<h2 align='center'>NLP Tutorial: Named Entity Recognition (NER)</h2>

In [1]:
import spacy

In [2]:
nlp = spacy.load("en_core_web_sm")
nlp.pipe_names

['tok2vec', 'tagger', 'parser', 'attribute_ruler', 'lemmatizer', 'ner']

In [3]:
doc = nlp("Tesla Inc is going to acquire twitter for $45 billion")
for ent in doc.ents:
    print(ent.text, " | ", ent.label_, " | ", spacy.explain(ent.label_))

Tesla Inc  |  ORG  |  Companies, agencies, institutions, etc.
$45 billion  |  MONEY  |  Monetary values, including unit


In [4]:
from spacy import displacy

displacy.render(doc, style="ent")

<h3>List down all the entities</h3>

In [5]:
nlp.pipe_labels['ner']

['CARDINAL',
 'DATE',
 'EVENT',
 'FAC',
 'GPE',
 'LANGUAGE',
 'LAW',
 'LOC',
 'MONEY',
 'NORP',
 'ORDINAL',
 'ORG',
 'PERCENT',
 'PERSON',
 'PRODUCT',
 'QUANTITY',
 'TIME',
 'WORK_OF_ART']

List of entities are also documented on this page: https://spacy.io/models/en

In [6]:
doc = nlp("Michael Bloomberg founded Bloomberg in 1982")
for ent in doc.ents:
    print(ent.text, "|", ent.label_, "|", spacy.explain(ent.label_))

Michael Bloomberg | PERSON | People, including fictional
Bloomberg | GPE | Countries, cities, states
1982 | DATE | Absolute or relative dates or periods


In [7]:
displacy.render(doc, style="ent")

Above it made a mistake in identifying Bloomberg the company.
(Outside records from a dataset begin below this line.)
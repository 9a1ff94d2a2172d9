-- ===== src/Sync/History/Delivered.antt =====
-- No change is skipped: what lies at or before a client's cursor was delivered, or pruned before
-- the client last started from the empty cursor.
use rize_backend.Base.{◌<◌, String, ◌≡◌, refl, ◌⊎◌, inl, inr, true, arith}
use rize_backend.Store.Cursor.{zero_cursor, is_zero}
use rize_backend.Sync.Prune.Horizon.{prune_once-IsPruned}
use rize_backend.Sync.Feed.Complete.{fetch_page-IsCompletePage, fetch_page_served}
use rize_backend.Sync.History.{
  World, Step, commits, advances, prunes, pulls, resets, Reach, here, next, start,
}
use rize_backend.Sync.History.Consistent.{
  HasDelivered, IsConsistent, zero_unreached, commits-IsConsistent, prunes-IsConsistent,
}
use rize_backend.Sync.History.Pulls.{pulls-IsConsistent}

Step-IsConsistent :
    (uid : String) {w v : World} → Step uid w v → IsConsistent uid w → IsConsistent uid v
Step-IsConsistent uid (commits w e x f) c = commits-IsConsistent uid w e x f c
Step-IsConsistent uid (advances w x h) c = record {
  real = c.real;
  unique_ids = c.unique_ids;
  unique_positions = c.unique_positions;
  logged = c.logged;
  kept = c.kept;
  behind = later c.behind;
  delivered = c.delivered;
}
  where
    later :
        (is_zero w.cursor ≡ true) ⊎ (w.cursor.xid8 < w.xmin)
        → (is_zero w.cursor ≡ true) ⊎ (w.cursor.xid8 < x)
    later (inl z) = inl z
    later (inr b) = inr (omega arith)
Step-IsConsistent uid (prunes w p fails now) c =
    prunes-IsConsistent uid w _
      (prune_once-IsPruned p fails now w.db
        (λ e f m n. c.unique_ids e f (c.logged e m) (c.logged f n)))
      c
Step-IsConsistent uid (pulls w limit page positive small h) c =
    pulls-IsConsistent uid w page c
      (fetch_page-IsCompletePage w.db w.xmin uid w.cursor limit page positive small
        (λ e f m n. c.unique_positions e f (c.logged e m) (c.logged f n)) h)
      (fetch_page_served w.db w.xmin uid w.cursor limit page h)
Step-IsConsistent uid (resets w limit h) c = record {
  real = c.real;
  unique_ids = c.unique_ids;
  unique_positions = c.unique_positions;
  logged = c.logged;
  kept = c.kept;
  behind = inl (unfold is_zero in refl);
  delivered =
      λ e m u r. absurd (zero_unreached zero_cursor e (unfold is_zero in refl) (c.real e m) r);
}

start-IsConsistent : (uid : String) → IsConsistent uid start
start-IsConsistent uid = record {
  real = λ e m. absurd m;
  unique_ids = λ e f m n. absurd m;
  unique_positions = λ e f m n. absurd m;
  logged = λ e m. m;
  kept = λ e m. absurd m;
  behind = inl (unfold is_zero in refl);
  delivered = λ e m u r. absurd m;
}

Reach-IsConsistent : (uid : String) {w : World} → Reach uid start w → IsConsistent uid w
Reach-IsConsistent uid here = start-IsConsistent uid
Reach-IsConsistent uid (next r s) = Step-IsConsistent uid s (Reach-IsConsistent uid r)

-- After any sequence, from the empty log, of commits, rises of the snapshot's `xmin`, ticks of
-- the pruner with any failures, pages pulled by the user's client at limits from 1 to 500, and
-- returns of the client to the empty cursor when a pull is refused: every entry that the user may
-- see and that lies at or before the client's cursor was delivered to the client, or lies at or
-- before the horizon at which the client last pulled from the empty cursor.
pub Reach-HasDelivered : (uid : String) (w : World) → Reach uid start w → HasDelivered uid w
Reach-HasDelivered uid w r = (Reach-IsConsistent uid r).delivered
Let's try hugging face for this now.

https://huggingface.co/dslim/bert-base-NER?text=Michael+Bloomberg+founded+Bloomberg+in+1982

Here also go through 3 sample examples for NER 

In [10]:
from transformers import AutoTokenizer, AutoModelForTokenClassification
from transformers import pipeline

tokenizer = AutoTokenizer.from_pretrained("dslim/bert-base-NER")
model = AutoModelForTokenClassification.from_pretrained("dslim/bert-base-NER")
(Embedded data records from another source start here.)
-- ===== src/Sync/Prune/Bounds.antt =====
-- A tick that returns counts what it deleted, and spares what is recent.
use rize_backend.Base.{
  ℕ, ◌+◌, ◌-◌, ◌≤◌, ◌≡◌, refl, inl, inr, Bool, true, not, List, [], ◌∷◌, arith, Bool-cases, length,
  keep, In, In-keep, In_of_keep, In_of_take,
}
use mathlib.Core.Path.{subst}
use rize_backend.Base.Result.{ok}
use rize_backend.Instant.{Time, before}
use rize_backend.Sync.Changelog.{Entry, Db}
use rize_backend.Sync.Prune.{
  Pruner, Call, select_changelog_prune_batch, has_id, deleted_count, delete_changelog_rows,
  move_horizon, delete_rows_of, prune_once,
}
use rize_backend.Sync.Prune.Transaction.{pruned, count_of, prune_session-IsPrune}
use rize_backend.Store.Paging.Sorting.{In_of_sort_by}
use rize_backend.Base.{sym, ap, ltb}
use rize_backend.Sync.Prune.Horizon.{HasUniqueIds, victim_of_id, batch_listed}

pub batch_old :
    (cutoff : Time) (limit : ℕ) (changelog : List Entry) (v : Entry)
    → In v (select_changelog_prune_batch cutoff limit changelog)
    → before v.created_at cutoff ≡ true
unfolding select_changelog_prune_batch
batch_old cutoff limit changelog v m =
    (In_of_keep _ v changelog
      (In_of_sort_by (λ e. e.changelog_id) ltb v _ (In_of_take limit v _ m))).1

pub length-keep-not :
    {A : Type 0} (p : A → Bool) (xs : List A)
    → length (keep p xs) + length (keep (λ x. not (p x)) xs) ≡ length xs
length-keep-not p [] = omega arith
length-keep-not p (x ∷ xs) = ground (arith, length-keep-not p xs)

-- What a tick that returned `n` did.
pub record IsTick (p : Pruner) (now : Time) (before after : Db) (n : ℕ) : Type 0 where
  pub counted : n + length after.changelog ≡ length before.changelog
  pub recent :
      (e : Entry) → In e before.changelog → now - p.max_age ≤ e.created_at → In e after.changelog

IsTick-idle : (p : Pruner) (now : Time) (db : Db) → IsTick p now db db 0
IsTick-idle p now db = record { counted = omega arith; recent = λ e m r. m }

module _ (p : Pruner) (now : Time) (db : Db) (unique : HasUniqueIds db.changelog) where
  batch-IsTick :
      (limit : ℕ) (victims : List Entry)
      → victims ≡ select_changelog_prune_batch (now - p.max_age) limit db.changelog
      → IsTick p now db
          (move_horizon victims (delete_rows_of victims db))
          (deleted_count victims db.changelog)
  unfolding move_horizon delete_rows_of delete_changelog_rows deleted_count
  batch-IsTick limit victims same = record {
    counted = length-keep-not (λ e. has_id e.changelog_id victims) db.changelog;
    recent = λ e m r. elim (Bool-cases (has_id e.changelog_id victims)) [
      | inl y ↦ absurd (old e m r y)
      | inr n ↦ In-keep (λ f. not (has_id f.changelog_id victims)) e db.changelog m (rw n)
    ];
  }
    where
      listed : (v : Entry) → In v victims → In v db.changelog
      listed v m = batch_listed (now - p.max_age) limit db.changelog v (subst (In v) same m)

      is_old :
          (v : Entry)
          → In v (select_changelog_prune_batch (now - p.max_age) limit db.changelog)
          → before v.created_at (now - p.max_age) ≡ true
      is_old v m = batch_old (now - p.max_age) limit db.changelog v m

      old :
          (e : Entry)
          → In e db.changelog
          → now - p.max_age ≤ e.created_at
          → has_id e.changelog_id victims ≡ true
          → ⊥
      old e m r y =
          let o =
            is_old e (subst (In e) same (victim_of_id victims db.changelog e unique listed m y)) in
          ground arith

  pruned-IsTick :
      (limit : ℕ) (victims : List Entry)
      → victims ≡ select_changelog_prune_batch (now - p.max_age) limit db.changelog
      → IsTick p now db (pruned victims db) (count_of victims db)
  pruned-IsTick limit [] same = IsTick-idle p now db
  pruned-IsTick limit (v ∷ victims) same = batch-IsTick limit (v ∷ victims) same

  subst2 :
      {after next : Db} {m n : ℕ}
      → next ≡ after
      → n ≡ m
      → IsTick p now db after m
      → IsTick p now db next n
  subst2 {after} {next} {m} {n} same count h =
      subst (λ d. IsTick p now db d n) (sym same)
        (subst (λ j. IsTick p now db after j) (sym count) h)

  -- A tick that returns a count on a table with unique ids removed that many rows, and kept every
  -- entry that is not older than the retention window.
  pub prune_once-IsTick :
      (fails : Call → Bool) (n : ℕ)
      → (prune_once p fails now db).0 ≡ ok n
      → IsTick p now db (prune_once p fails now db).1 n
  unfolding prune_once
  prune_once-IsTick fails n h =
      let done = prune_session-IsPrune p fails now db n h in
      subst2 (ap (λ s. s.shown) done.committed.left) done.committed.count
        (pruned-IsTick done.limit _ refl)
nlp = pipeline("ner", model=model, tokenizer=tokenizer)
example = "Michael Bloomberg founded Bloomberg in 1982"

ner_results = nlp(example)
print(ner_results)

Some weights of the model checkpoint at dslim/bert-base-NER were not used when initializing BertForTokenClassification: ['bert.pooler.dense.bias', 'bert.pooler.dense.weight']
- This IS expected if you are initializing BertForTokenClassification from the checkpoint of a model trained on another task or with another architecture (e.g. initializing a BertForSequenceClassification model from a BertForPreTraining model).
- This IS NOT expected if you are initializing BertForTokenClassification from the checkpoint of a model that you expect to be exactly identical (initializing a BertForSequenceClassification model from a BertForSequenceClassification model).
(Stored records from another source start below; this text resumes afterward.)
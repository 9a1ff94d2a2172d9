-- ===== src/Sync/Prune/Atomic.antt =====
-- A tick of internal/sync/retention.go is atomic: the deletion and the advance of the horizon are
-- seen together or not at all.
use rize_backend.Base.{
  ℕ, ◌+◌, ◌-◌, ◌≤◌, ◌≡◌, ◌≢◌, ◌∙◌, sym, ap, inl, inr, Bool, true, not, none, List, [], ◌∷◌, arith,
  ◌==◌, ==_iff, Bool-cases, length, In, In-keep, In_of_keep, any-eq-true,
}
use mathlib.Core.Path.{subst}
use rize_backend.Base.Result.{Result, ok, err}
use rize_backend.Instant.{Time, before}
use rize_backend.Sync.Changelog.{Entry, Db}
use rize_backend.Sync.Prune.{
  Pruner, Call, PruneError, Session, idle, select_changelog_prune_batch, has_id, deleted_count,
  delete_changelog_rows, advance_changelog_horizon, move_horizon, delete_rows_of, prune_session,
}
use rize_backend.Sync.Prune.Transaction.{pruned, count_of, IsPrune, IsDone, prune_session-IsDone}
use rize_backend.Sync.Prune.Horizon.{batch_listed, xid8-le-max_xid8, server_seq-le-max_server_seq}
use rize_backend.Sync.Prune.Bounds.{batch_old, length-keep-not}

-- `after` is `before` less the victims, and its horizon is at none before any victim.
pub record IsWithout (victims : List Entry) (n : ℕ) (before after : Db) : Type 0 where
  pub counted : n + length after.changelog ≡ length before.changelog
  pub kept : (e : Entry) → In e after.changelog → In e before.changelog
  pub gone : (v e : Entry) → In v victims → In e after.changelog → e.changelog_id ≢ v.changelog_id
  pub others :
      (e : Entry)
      → In e before.changelog
      → ((v : Entry) → In v victims → v.changelog_id ≢ e.changelog_id)
      → In e after.changelog
  pub reached :
      (v : Entry)
      → In v victims
      → (v.xid8 ≤ after.horizon.xid8) × (v.server_seq ≤ after.horizon.server_seq)

victim_id :
    (victims : List Entry) (v e : Entry)
    → In v victims
    → e.changelog_id ≡ v.changelog_id
    → has_id e.changelog_id victims ≡ true
unfolding has_id
victim_id [] v e m same = absurd m
victim_id (x ∷ victims) v e (inl at) same =
    let here : x.changelog_id ≡ e.changelog_id =
      ap (λ (y : Entry). y.changelog_id) (sym at) ∙ sym same in
    ground (arith, ==_iff x.changelog_id e.changelog_id)
victim_id (x ∷ victims) v e (inr m) same = ground (arith, victim_id victims v e m same)

both-IsWithout :
    (victims : List Entry) (db : Db)
    → IsWithout victims
        (deleted_count victims db.changelog)
        db
        (move_horizon victims (delete_rows_of victims db))
unfolding move_horizon delete_rows_of delete_changelog_rows deleted_count
both-IsWithout victims db = record {
  counted = length-keep-not (λ e. has_id e.changelog_id victims) db.changelog;
  kept = λ e m. (In_of_keep _ e db.changelog m).0;
  gone = λ v e m l same.
      let left = (In_of_keep _ e db.changelog l).1 in
      let deleted = victim_id victims v e m same in cc (left, ap not deleted);
  others = λ e m differ. elim (Bool-cases (has_id e.changelog_id victims)) [
    | inl y ↦
        let (v, found, same) = any-eq-true (λ v. v.changelog_id == e.changelog_id) victims y in
        absurd (differ v found ((==_iff _ _).0 same))
    | inr n ↦ In-keep (λ f. not (has_id f.changelog_id victims)) e db.changelog m (rw n)
  ];
  reached = λ v m.
      unfold advance_changelog_horizon in
      (
        xid8-le-max_xid8 none db.horizon.xid8 v victims m,
        ground (arith, server_seq-le-max_server_seq 0 v victims m),
      );
}

pruned-IsWithout :
    (victims : List Entry) (db : Db)
    → IsWithout victims (count_of victims db) db (pruned victims db)
pruned-IsWithout [] db = record {
  counted = omega arith;
  kept = λ e m. m;
  gone = λ v e m. absurd m;
  others = λ e m differ. m;
  reached = λ v m. absurd m;
}
pruned-IsWithout (v ∷ victims) db = both-IsWithout (v ∷ victims) db

-- The deletion of due entries and the advance of the horizon, committed.
pub record IsCommitted (p : Pruner) (now : Time) (db : Db) (n : ℕ) (s : Session) : Type 0 where
  pub victims : List Entry
  pub listed : (v : Entry) → In v victims → In v db.changelog
  pub due : (v : Entry) → In v victims → before v.created_at (now - p.max_age) ≡ true
  pub without : IsWithout victims n db s.shown
  pub closed : s.pending ≡ none

-- All of the tick with a count, none of it with an error.
abbrev pub IsAtomic : Pruner → Time → Db → Result PruneError ℕ → Session → Type 0
IsAtomic p now db (ok n) s = IsCommitted p now db n s
IsAtomic p now db (err e) s = s ≡ idle db

module _ (p : Pruner) (now : Time) (db : Db) where
  abbrev batch : ℕ → List Entry
  batch limit = select_changelog_prune_batch (now - p.max_age) limit db.changelog

  done-IsCommitted : (n : ℕ) (s : Session) → IsPrune p now db n s → IsCommitted p now db n s
  done-IsCommitted n s done = record {
    victims = batch done.limit;
    listed = λ v m. batch_listed (now - p.max_age) done.limit db.changelog v m;
    due = λ v m. batch_old (now - p.max_age) done.limit db.changelog v m;
    without =
        subst (λ u. IsWithout (batch done.limit) n db u)
          (sym (ap (λ u. u.shown) done.committed.left))
          (subst (λ j. IsWithout (batch done.limit) j db (pruned (batch done.limit) db))
            (sym done.committed.count) (pruned-IsWithout (batch done.limit) db));
    closed = ap (λ u. u.pending) done.committed.left;
  }

  -- Whatever database calls fail: what is visible after a tick that returns a count is the table
  -- less a batch of entries that were older than the retention window, as many as the count, and
  -- a horizon at none before any entry of the batch. What is visible after a tick that returns an
  -- error is as it was. No transaction is left open.
  pub prune_session-IsAtomic :
      (fails : Call → Bool)
      → IsAtomic p now db
          (prune_session p fails now (idle db)).0
          (prune_session p fails now (idle db)).1
  prune_session-IsAtomic fails = go _ _ (prune_session-IsDone p fails now db)
    where
      go : (r : Result PruneError ℕ) (s : Session) → IsDone p now db r s → IsAtomic p now db r s
      go (ok n) s h = done-IsCommitted n s h
      go (err e) s h = h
[{'entity': 'B-PER', 'score': np.float32(0.9997526), 'index': 1, 'word': 'Michael', 'start': 0, 'end': 7}, {'entity': 'I-PER', 'score': np.float32(0.9995964), 'index': 2, 'word': 'Bloomberg', 'start': 8, 'end': 17}, {'entity': 'B-ORG', 'score': np.float32(0.9982083), 'index': 4, 'word': 'Bloomberg', 'start': 26, 'end': 35}]


In [11]:
ner_results

[{'entity': 'B-PER',
  'score': np.float32(0.9997526),
  'index': 1,
  'word': 'Michael',
  'start': 0,
  'end': 7},
 {'entity': 'I-PER',
  'score': np.float32(0.9995964),
  'index': 2,
  'word': 'Bloomberg',
  'start': 8,
  'end': 17},
 {'entity': 'B-ORG',
  'score': np.float32(0.9982083),
  'index': 4,
  'word': 'Bloomberg',
  'start': 26,
  'end': 35}]

In [13]:
nlp = spacy.load("en_core_web_sm")
doc = nlp("Tesla Inc is going to acquire Twitter Inc for $45 billion")
for ent in doc.ents:
    print(ent.text, " | ", ent.label_, " | ", ent.start_char, "|", ent.end_char)

Tesla Inc  |  ORG  |  0 | 9
Twitter Inc  |  PERSON  |  30 | 41
$45 billion  |  MONEY  |  46 | 57


<h3>Setting custom entities</h3>

In [14]:
doc = nlp("Tesla is going to acquire Twitter for $45 billion")
for ent in doc.ents:
    print(ent.text, " | ", ent.label_)

Tesla  |  ORG
Twitter  |  PERSON
$45 billion  |  MONEY


In [15]:
s = doc[2:5]
s

going to acquire

In [16]:
type(s)

spacy.tokens.span.Span

In [17]:
from spacy.tokens import Span

s1 = Span(doc, 0, 1, label="ORG")
s2 = Span(doc, 5, 6, label="ORG")

doc.set_ents([s1, s2], default="unmodified")

In [18]:
for ent in doc.ents:
    print(ent.text, " | ", ent.label_)

Tesla  |  ORG
Twitter  |  ORG
$45 billion  |  MONEY